Model creation and training for single scale approach, with affine augmentation

---

In [None]:
dl_train = monai.data.DataLoader(ds_train, shuffle=True, batch_size=2, drop_last=True)
dl_valid = monai.data.DataLoader(ds_valid, shuffle=True, batch_size=2, drop_last=True)

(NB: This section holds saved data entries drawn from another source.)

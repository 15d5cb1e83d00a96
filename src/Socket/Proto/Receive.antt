-- ===== src/Socket/Proto/Receive.antt =====
-- A call of the state machine, on a message that comes in piece by piece.
use lz_lib.Base.{
  ℕ, zero, suc, ◌+◌, ◌<◌, ◌≤◌, ◌≡◌, ◌≢◌, ◌⊎◌, inl, inr, refl, sym, ap, subst, ◌∙◌, Bool, false,
  none, some, List, [], ◌∷◌, ◌++◌, length, ◌==◌, if◌then◌else◌, Run, ok, arith, Bool-cases,
  Option-cases,
}
use mathlib.Core.List.{append-nil}
use lz_lib.Base.Int.{ℤ, pos, eqb_ℤ}
use lz_lib.ListHead.Seg.{NoDup}
use lz_lib.Socket.Vec.{range, addresses, length-range}
use lz_lib.Socket.Proto.{
  Proto, nada, header_coming, header_came, data_coming, data_came, complete, proto_index, Incoming,
  Ops, validate_header, Turn, onward, leave, in_nada, await_data, header_valid, in_header_came,
  in_data_came, turn, after_turn, proto_loop,
}
use lz_lib.Socket.Proto.Sound.{header_places, stored, Serves, Sound}
use lz_lib.Socket.Proto.Turns.{
  NoDup-range, append-parts, length-map, Zero, Turned, header_coming-Turned, data_coming-Turned,
}

module _ {World : Type 0} (ops : Ops World) (in_flight : World → List ℕ) (interrupts : World → ℕ)
    (law : Serves ops in_flight interrupts) (little : Bool) (header body : List ℕ)
    (l p fuel : ℕ) where
  header_valid-Turned :
      (i : Incoming) (w : World)
      → i.state ≡ header_came
      → i.iobuf ≡ none
      → stored ops in_flight interrupts w (header_places ops in_flight interrupts) ++ in_flight w
        ≡ header ++ body
      → in_flight w ≡ body
      → p ≤ 131072
      → Turned ops in_flight interrupts law little header body l p fuel header_came w
          (header_valid ops little fuel i l p w)
  unfolding header_valid await_data
  header_valid-Turned i w at free sum rest small =
      let got = law.malloc w l in
      let q = (ops.malloc w l).0 in
      let w' = (ops.malloc w l).1 in
      elim (Bool-cases (p == 0)) [
        | inl z ↦
            let none_left : p ≡ 0 = ground arith in
            let alone : addresses (record { base = q; len = l } ∷ [])
                ≡ range q l ++ range i.buf_p p =
              rw none_left refl in
            rw z (
              (
                (refl, refl, free ∙ ap (λ b. if b then none else some i.buf_p) (sym z)),
                subst NoDup alone (rw (append-nil (range q l)) (NoDup-range q l)),
                (0, alone, got.0 ∙ rest),
              ),
              refl,
              tt,
              got.1,
            )
        | inr z ↦ elim (Option-cases (ops.iobuf_get w')) [
          | inl e ↦
              rw (z, e)
                (
                  subst
                      (λ s.
                        Sound ops in_flight interrupts header body l p s
                          (record i { hdrlen = l; buflen = p; hdr_p = q }) w')
                      (sym at)
                      (
                        free,
                        ap (λ t. t ++ in_flight w') got.2
                            ∙ ap
                                (λ t.
                                  stored ops in_flight interrupts w
                                    (header_places ops in_flight interrupts)
                                  ++ t)
                                got.0
                            ∙ sum,
                      ),
                  at,
                  (λ f. cc f),
                  got.1,
                )
          | inr (g, e) ↦
              let b = g.0 in
              let w'' = g.1 in
              let more = law.iobuf_get w w'' l b p e small in
              let both : addresses
                    (record { base = q; len = l } ∷ (record { base = b; len = p } ∷ []))
                  ≡ range q l ++ range b p =
                ap (λ t. range q l ++ t) (append-nil (range b p)) in
              rw (z, e)
                (
                  (
                    (refl, refl, ap (λ c. if c then none else some b) (sym z)),
                    more.2,
                    (0, both, more.0 ∙ rest),
                  ),
                  refl,
                  tt,
                  more.1,
                )
        ]
      ]

  header_came-Turned :
      (i : Incoming) (w : World)
      → i.state ≡ header_came
      → Sound ops in_flight interrupts header body l p header_came i w
      → length header ≡ 12
      → validate_header little header ≡ ok (some (l, p))
      → p ≤ 131072
      → (t : Turn World) × (in_header_came ops little fuel i w ≡ ok t)
        × Turned ops in_flight interrupts law little header body l p fuel header_came w t
  unfolding in_header_came
  header_came-Turned i w at (free, sum) len valid small =
      let bytes = stored ops in_flight interrupts w (header_places ops in_flight interrupts) in
      let (same, rest) = append-parts bytes header (in_flight w) body sum (
        length-map (ops.mem w) (range ops.header_at 12)
        ∙ length-range ops.header_at 12
        ∙ sym len) in
      let run : validate_header little bytes ≡ ok (some (l, p)) =
        ap (validate_header little) same ∙ valid in
      (
        header_valid ops little fuel i l p w,
        ground (arith, run),
        header_valid-Turned i w at free sum rest small,
      )

  pub turn-Turned :
      (s : Proto) (ret : ℤ) (i : Incoming) (w : World)
      → i.state ≡ s
      → s ≢ complete
      → Sound ops in_flight interrupts header body l p s i w
      → Zero s ret
      → length header ≡ 12
      → validate_header little header ≡ ok (some (l, p))
      → p ≤ 131072
      → 12 + l + p + interrupts w < fuel
      → (t : Turn World) × (turn ops little fuel ret i w ≡ ok t)
        × Turned ops in_flight interrupts law little header body l p fuel s w t
  unfolding turn in_nada in_data_came
  turn-Turned nada ret i w at open_yet sound z len valid small b = (
    in_nada ops little fuel ret i w,
    rw at refl,
    ((sound.0, (0, append-nil (range ops.header_at 12), sound.1)), refl, tt, omega arith),
  )
  turn-Turned header_coming ret i w at open_yet sound z len valid small b =
      let (t, run, turned) =
        header_coming-Turned ops in_flight interrupts law little header body l p fuel i w at sound
          (omega arith) in
      (t, ground (arith, run), turned)
  turn-Turned header_came ret i w at open_yet sound z len valid small b =
      let (t, run, turned) = header_came-Turned i w at sound len valid small in
      (t, ground (arith, run), turned)
  turn-Turned data_coming ret i w at open_yet sound z len valid small b =
      let (t, run, turned) =
        data_coming-Turned ops in_flight interrupts law little header body l p fuel i w at sound
          (omega arith) in
      (t, ground (arith, run), turned)
  turn-Turned data_came ret i w at open_yet sound z len valid small b =
      (in_data_came ops little fuel ret i w, rw at refl, (sound, refl, z, omega arith))
  turn-Turned complete ret i w at open_yet sound z len valid small b = absurd (open_yet refl)

  -- How a call of the state machine ends: all that came is in its place, and the value is 0 exactly if the message is
  -- complete.
  abbrev pub Received : ℤ × Incoming × World → World → Type 0
  Received (ret, i, w') w =
      Sound ops in_flight interrupts header body l p i.state i w'
      × (((ret ≡ pos 0) × (i.state ≡ complete)) ⊎ ((ret ≢ pos 0) × (i.state ≢ complete)))
      × (interrupts w' ≤ interrupts w)

  pub Proto-cases :
      (s : Proto)
      → (s ≡ complete) ⊎ ((s ≢ complete) × (eqb_ℤ (pos (proto_index s)) (pos 5) ≡ false))
  Proto-cases nada = inr ((λ e. cc e), refl)
  Proto-cases header_coming = inr ((λ e. cc e), refl)
  Proto-cases header_came = inr ((λ e. cc e), refl)
  Proto-cases data_coming = inr ((λ e. cc e), refl)
  Proto-cases data_came = inr ((λ e. cc e), refl)
  Proto-cases complete = inl refl

  pub index-le : (s : Proto) → proto_index s ≤ 5
  index-le nada = omega arith
  index-le header_coming = omega arith
  index-le header_came = omega arith
  index-le data_coming = omega arith
  index-le data_came = omega arith
  index-le complete = omega arith

  after_turn-Received :
      (rounds : ℤ → Incoming → World → Run (ℤ × Incoming × World)) (s : Proto) (w : World)
      (t : Turn World)
      → s ≢ complete
      → Turned ops in_flight interrupts law little header body l p fuel s w t
      → ((ret : ℤ) (i' : Incoming) (w' : World)
          → Sound ops in_flight interrupts header body l p i'.state i' w'
          → Zero i'.state ret
          → proto_index i'.state ≡ suc (proto_index s)
          → interrupts w' ≤ interrupts w
          → (out : ℤ × Incoming × World) × (rounds ret i' w' ≡ ok out) × Received out w')
      → (out : ℤ × Incoming × World) × (after_turn ops little fuel rounds t ≡ ok out)
        × Received out w
  unfolding after_turn
  after_turn-Received rounds s w (onward ret i' w') open_yet (sound, next, z, calm) ih =
      let (out, run, (kept, value, still)) = ih ret i' w' sound z next calm in
      (out, run, (kept, value, omega arith))
  after_turn-Received rounds s w (leave ret i' w') open_yet (sound, same, other, calm) ih =
      ((ret, i', w'), refl, (sound, inr (other, λ e. open_yet (sym same ∙ e)), calm))

  pub proto_loop-Received :
      (n : ℕ) (previous ret : ℤ) (i : Incoming) (w : World)
      → Sound ops in_flight interrupts header body l p i.state i w
      → Zero i.state ret
      → 6 ≤ n + proto_index i.state
      → eqb_ℤ previous (pos (proto_index i.state)) ≡ false
      → length header ≡ 12
      → validate_header little header ≡ ok (some (l, p))
      → p ≤ 131072
      → 12 + l + p + interrupts w < fuel
      → (out : ℤ × Incoming × World) × (proto_loop ops little fuel n previous ret i w ≡ ok out)
        × Received out w
  unfolding proto_loop
  proto_loop-Received zero previous ret i w sound z k other len valid small b =
      absurd (omega (arith, index-le i.state))
  proto_loop-Received (suc n) previous ret i w sound z k other len valid small b =
      elim (Proto-cases i.state) [
        | inl at ↦ (
          (ret, i, w),
          ground (arith, at),
          (sound, inl (subst (λ s. Zero s ret) at z, at), omega arith),
        )
        | inr (open_yet, early) ↦
            let (t, run, turned) =
              turn-Turned i.state ret i w refl open_yet sound z len valid small b in
            let (out, go, received) =
              after_turn-Received (proto_loop ops little fuel n (pos (proto_index i.state))) i.state
                w t open_yet turned
                (λ ret' i' w' sound' z' next calm.
                  proto_loop-Received n (pos (proto_index i.state)) ret' i' w' sound' z'
                    (omega (arith, next)) (ground (arith, next)) len valid small (omega arith)) in
            (out, rw (early, other, run) go, received)
      ]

validate_when = lambda e : ((e%5==0) and (e!=0)) or (e==max_epochs-1)
print_aggregate_when = lambda e : True
last_printed_epoch = -1

schedule_lambda_reg = True
lambda_reg_step_size = 0.1 # How much to increase lambda_reg each time it advances
cooldown = 3 # How many epochs to allow before checking whether training loss increases and advacing lambda_reg if so
cooldown_counter = cooldown
lambda_reg_goal = 2 # Stop training once lambda_reg advances past this

# from customRandAffine import AffineAugmentation
# affine_aug = AffineAugmentation(spatial_size, 0.8)

model = RegModel(
    lambda_reg = 0.1,
    lambda_sim = 1e7,
    device=device,
    down_convolutions=4,
    depth=4,
    max_channels=256,
    init_channels=32,
    icon_loss_type=IconLossType.ICON,
).to(device)
optimizer = torch.optim.Adam(model.parameters(), lr=1e-4)

schedule_lr = False
min_lr=1e-5
scheduler = torch.optim.lr_scheduler.ExponentialLR(optimizer, gamma=0.1**(1/3000))

loss_curves_train = LossCurves("training")
loss_curves_valid = LossCurves("validation", include_folds=True, spatial_dims=spatial_size)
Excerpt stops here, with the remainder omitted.